-------- STUDY MATERIAL --------
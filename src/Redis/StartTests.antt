-- ===== src/Redis/StartTests.antt =====
-- A server that starts, and what it does with two clients.
use homemade.Prelude.{ℕ, ◌≡◌, refl, true, none, some, [], ◌∷◌, arith, take}
use homemade.Redis.Object.{codes}
use homemade.Redis.Config.{init_server_config, append_server_save_params, reset_server_save_params}
use homemade.Redis.Clients.{
  RedisClient, Clients, new_client, create_client, find_client, update_client, add_client_reply,
  free_client, drop_first, drop_slave, drop_master,
}
use homemade.Redis.ClientEvents.{IsServed}
use homemade.Redis.ClientLaws.{accepts, replies, frees, Reach, here, next}
use homemade.Redis.Start.{
  Server, new_server, listens, opened_server, init_server, load_dump, accepting, ready, main_start,
  info_text,
}
use homemade.Redis.StartLaws.{main_start-IsServed}
use homemade.Ae.Events.{
  create_event_loop, create_file_event, create_time_event, delete_file_event, delete_file,
}
use homemade.Net.Sockets.{
  Sockets, connected, anet_tcp_server, serve_with, bind_and_listen, bind_address, or_close,
}
use homemade.Net.Samples.{Wire, wire, sockets}

abbrev listening_sockets : Sockets Wire
listening_sockets = record (sockets connected) { listen = λ s n w. (true, w) }

abbrev clock_of : Wire → ℕ × Wire
clock_of w = (w.clock, w)

abbrev day_of : Wire → (ℕ × ℕ) × Wire
day_of w = ((w.clock, 5), w)

abbrev started : Server
started = listens (new_server init_server_config 4 100 100 (100, 5))

abbrev bound : Wire
bound = record wire { opened = 4 ∷ 3 ∷ [] }

start_run :
    main_start listening_sockets clock_of day_of init_server_config none wire
    ≡ some (some started, bound)
unfolding main_start init_server opened_server ready accepting load_dump new_server
    create_event_loop create_file_event create_time_event init_server_config
    append_server_save_params reset_server_save_params anet_tcp_server serve_with bind_and_listen
    bind_address or_close
start_run = refl

abbrev client_7 : RedisClient
client_7 = record (new_client 7 100) { replies = codes "+OK\r\n" ∷ [] }

-- Client 7 is gone, and client 8 came before that.
abbrev other_client : Clients
other_client = create_client 8 101 started.clients

reached : Reach 4 started.clients other_client
unfolding create_client add_client_reply free_client new_client find_client update_client new_server
    create_event_loop create_file_event delete_file_event delete_file drop_first drop_slave
    drop_master
reached =
    next
      (next
        (next (next here (accepts 7 100 (omega arith) refl refl))
          (replies (codes "+OK\r\n") (new_client 7 100) refl refl))
        (accepts 8 101 (omega arith) refl refl))
      (frees client_7 (omega arith) refl)

main_start-IsServed_example : IsServed 4 other_client
unfolding new_server
main_start-IsServed_example =
    main_start-IsServed listening_sockets clock_of day_of init_server_config none wire bound started
      other_client start_run reached

-- The front of INFO.
info_run : take 20 (info_text 160 started) ≡ codes "redis_version:0.07\r\n"
unfolding info_text
info_run = refl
--------
▸ WORK INSTRUCTION:
Retype all of the lines shown above, keeping each one exact.

▸ TASK RESULT:
filename src/Redis/StartTests.antt
-- ===== src/Redis/StartTests.antt =====
-- A server that starts, and what it does with two clients.
use homemade.Prelude.{ℕ, ◌≡◌, refl, true, none, some, [], ◌∷◌, arith, take}
use homemade.Redis.Object.{codes}
use homemade.Redis.Config.{init_server_config, append_server_save_params, reset_server_save_params}
use homemade.Redis.Clients.{
  RedisClient, Clients, new_client, create_client, find_client, update_client, add_client_reply,
  free_client, drop_first, drop_slave, drop_master,
}
use homemade.Redis.ClientEvents.{IsServed}
use homemade.Redis.ClientLaws.{accepts, replies, frees, Reach, here, next}
use homemade.Redis.Start.{
  Server, new_server, listens, opened_server, init_server, load_dump, accepting, ready, main_start,
  info_text,
}
use homemade.Redis.StartLaws.{main_start-IsServed}
use homemade.Ae.Events.{
  create_event_loop, create_file_event, create_time_event, delete_file_event, delete_file,
}
use homemade.Net.Sockets.{
  Sockets, connected, anet_tcp_server, serve_with, bind_and_listen, bind_address, or_close,
}
use homemade.Net.Samples.{Wire, wire, sockets}

abbrev listening_sockets : Sockets Wire
listening_sockets = record (sockets connected) { listen = λ s n w. (true, w) }

abbrev clock_of : Wire → ℕ × Wire
clock_of w = (w.clock, w)

abbrev day_of : Wire → (ℕ × ℕ) × Wire
day_of w = ((w.clock, 5), w)

abbrev started : Server
started = listens (new_server init_server_config 4 100 100 (100, 5))

abbrev bound : Wire
bound = record wire { opened = 4 ∷ 3 ∷ [] }

start_run :
    main_start listening_sockets clock_of day_of init_server_config none wire
    ≡ some (some started, bound)
unfolding main_start init_server opened_server ready accepting load_dump new_server
    create_event_loop create_file_event create_time_event init_server_config
    append_server_save_params reset_server_save_params anet_tcp_server serve_with bind_and_listen
    bind_address or_close
start_run = refl

abbrev client_7 : RedisClient
client_7 = record (new_client 7 100) { replies = codes "+OK\r\n" ∷ [] }

-- Client 7 is gone, and client 8 came before that.
abbrev other_client : Clients
other_client = create_client 8 101 started.clients

reached : Reach 4 started.clients other_client
unfolding create_client add_client_reply free_client new_client find_client update_client new_server
    create_event_loop create_file_event delete_file_event delete_file drop_first drop_slave
    drop_master
reached =
    next
      (next
        (next (next here (accepts 7 100 (omega arith) refl refl))
          (replies (codes "+OK\r\n") (new_client 7 100) refl refl))
        (accepts 8 101 (omega arith) refl refl))
      (frees client_7 (omega arith) refl)

main_start-IsServed_example : IsServed 4 other_client
unfolding new_server
main_start-IsServed_example =
    main_start-IsServed listening_sockets clock_of day_of init_server_config none wire bound started
      other_client start_run reached

-- The front of INFO.
info_run : take 20 (info_text 160 started) ≡ codes "redis_version:0.07\r\n"
unfolding info_text
info_run = refl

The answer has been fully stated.